:: Work item ::
Copy out all lines in the data below containing the string "guard".

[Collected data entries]
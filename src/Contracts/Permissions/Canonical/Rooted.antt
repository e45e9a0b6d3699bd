-- ===== src/Contracts/Permissions/Canonical/Rooted.antt =====
-- The file system roots of a canonical permission set begin with a slash.
use tego_next.Base.{
  Text, text, true, ◌≡◌, List, [], ◌∷◌, ok, >>=-eq-ok, ok-injective, subst, All, All-sort_by, not,
  guard->>-eq-ok, some, Option, none,
}
use tego_next.Contracts.Json.{JsonValue, JsonObject}
use tego_next.Contracts.Permissions.{
  PermissionKind, capability, environment, executor, filesystem, network, secret, worker,
  FilesystemRootPermission, Permission, roots,
}
use tego_next.Contracts.Permissions.Input.{
  Input, object_at, array_at, string_at, read_all, exact_keys, field,
}
use tego_next.Contracts.Permissions.Names.{
  starts_with_slash, canonical_root, includes, portable_name, environment_name,
}
use tego_next.Contracts.Permissions.Names.Rooted.{canonical_root-slash}
use tego_next.Contracts.Permissions.Canonical.{
  canonical_roots, canonical_filesystem, canonical_permission, canonical_permissions,
  canonicalize_permission_set, parse_kind, access_at, root_after, permission_after,
  canonical_capability, canonical_executor, canonical_network, canonical_worker, canonical_names,
}

abbrev pub HasSlash : FilesystemRootPermission → Type 0
HasSlash r = starts_with_slash r.path ≡ true

abbrev pub IsRooted : Permission → Type 0
IsRooted (roots entries) = All HasSlash entries
IsRooted _ = Unit

canonical_roots-HasSlash :
    (seen : List Text) (vs : List JsonValue) (rs : List FilesystemRootPermission)
    → canonical_roots seen vs ≡ ok rs
    → All HasSlash rs
unfolding canonical_roots
canonical_roots-HasSlash seen [] rs h = subst (All HasSlash) (ok-injective h) tt
canonical_roots-HasSlash seen (v ∷ vs) rs h =
    let (entry, _, h₁) = >>=-eq-ok (object_at (some v)) _ h in
    let (_, _, h₂) = >>=-eq-ok (exact_keys entry _) _ h₁ in
    let (path, p, h₃) = >>=-eq-ok (canonical_root (field (text "path") entry)) _ h₂ in
    let (_, h₄) = guard->>-eq-ok (not (includes seen path)) _ _ h₃ in
    let (values, _, h₅) = >>=-eq-ok (array_at (field (text "access") entry)) _ h₄ in
    let (modes, _, h₆) = >>=-eq-ok (read_all access_at values) _ h₅ in
    let (rest, r, h₇) = >>=-eq-ok (canonical_roots (path ∷ seen) vs) _ h₆ in
    subst (All HasSlash) (ok-injective h₇) (
      canonical_root-slash (field (text "path") entry) path p,
      canonical_roots-HasSlash (path ∷ seen) vs rest r,
    )

canonical_filesystem-HasSlash :
    (o : JsonObject) (rs : List FilesystemRootPermission)
    → canonical_filesystem o ≡ ok rs
    → All HasSlash rs
unfolding canonical_filesystem
canonical_filesystem-HasSlash o rs h =
    let (_, _, h₁) = >>=-eq-ok (exact_keys o _) _ h in
    let (values, _, h₂) = >>=-eq-ok (array_at (field (text "roots") o)) _ h₁ in
    let (entries, e, h₃) = >>=-eq-ok (canonical_roots [] values) _ h₂ in
    subst (All HasSlash) (ok-injective h₃)
      (All-sort_by root_after HasSlash entries (canonical_roots-HasSlash [] values entries e))

canonical_permission-IsRooted :
    (to_ascii : Text → Text) (kind : Option PermissionKind) (o : JsonObject) (p : Permission)
    → canonical_permission to_ascii kind o ≡ ok p
    → IsRooted p
unfolding canonical_permission
canonical_permission-IsRooted to_ascii none o p h = cc
canonical_permission-IsRooted to_ascii (some capability) o p h =
    let (_, _, e) = >>=-eq-ok (canonical_capability o) _ h in subst IsRooted (ok-injective e) tt
canonical_permission-IsRooted to_ascii (some environment) o p h =
    let (_, _, e) = >>=-eq-ok (canonical_names environment_name o) _ h in
    subst IsRooted (ok-injective e) tt
canonical_permission-IsRooted to_ascii (some secret) o p h =
    let (_, _, e) = >>=-eq-ok (canonical_names portable_name o) _ h in
    subst IsRooted (ok-injective e) tt
canonical_permission-IsRooted to_ascii (some executor) o p h =
    let (_, _, e) = >>=-eq-ok (canonical_executor o) _ h in subst IsRooted (ok-injective e) tt
canonical_permission-IsRooted to_ascii (some filesystem) o p h =
    let (rs, r, e) = >>=-eq-ok (canonical_filesystem o) _ h in
    subst IsRooted (ok-injective e) (canonical_filesystem-HasSlash o rs r)
canonical_permission-IsRooted to_ascii (some network) o p h =
    let (_, _, e) = >>=-eq-ok (canonical_network to_ascii o) _ h in
    subst IsRooted (ok-injective e) tt
canonical_permission-IsRooted to_ascii (some worker) o p h =
    let (_, _, e) = >>=-eq-ok (canonical_worker o) _ h in subst IsRooted (ok-injective e) tt

canonical_permissions-IsRooted :
    (to_ascii : Text → Text) (seen : List Text) (vs : List JsonValue) (ps : List Permission)
    → canonical_permissions to_ascii seen vs ≡ ok ps
    → All IsRooted ps
unfolding canonical_permissions
canonical_permissions-IsRooted to_ascii seen [] ps h = subst (All IsRooted) (ok-injective h) tt
canonical_permissions-IsRooted to_ascii seen (v ∷ vs) ps h =
    let (entry, _, h₁) = >>=-eq-ok (object_at (some v)) _ h in
    let (kind, _, h₂) = >>=-eq-ok (string_at (field (text "kind") entry)) _ h₁ in
    let (_, h₃) = guard->>-eq-ok (not (includes seen kind)) _ _ h₂ in
    let (p, e, h₄) = >>=-eq-ok (canonical_permission to_ascii (parse_kind kind) entry) _ h₃ in
    let (rest, r, h₅) = >>=-eq-ok (canonical_permissions to_ascii (kind ∷ seen) vs) _ h₄ in
    subst (All IsRooted) (ok-injective h₅) (
      canonical_permission-IsRooted to_ascii (parse_kind kind) entry p e,
      canonical_permissions-IsRooted to_ascii (kind ∷ seen) vs rest r,
    )

pub canonicalize_permission_set-IsRooted :
    (to_ascii : Text → Text) (input : Input) (ps : List Permission)
    → canonicalize_permission_set to_ascii input ≡ ok ps
    → All IsRooted ps
unfolding canonicalize_permission_set
canonicalize_permission_set-IsRooted to_ascii input ps h =
    let (values, _, h₁) = >>=-eq-ok (array_at input) _ h in
    let (entries, e, h₂) = >>=-eq-ok (canonical_permissions to_ascii [] values) _ h₁ in
    subst (All IsRooted) (ok-injective h₂) (
      All-sort_by permission_after IsRooted entries
        (canonical_permissions-IsRooted to_ascii [] values entries e))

:: Result of the task ::
  guard->>-eq-ok, some, Option, none,
    let (_, h₄) = guard->>-eq-ok (not (includes seen path)) _ _ h₃ in
    let (_, h₃) = guard->>-eq-ok (not (includes seen kind)) _ _ h₂ in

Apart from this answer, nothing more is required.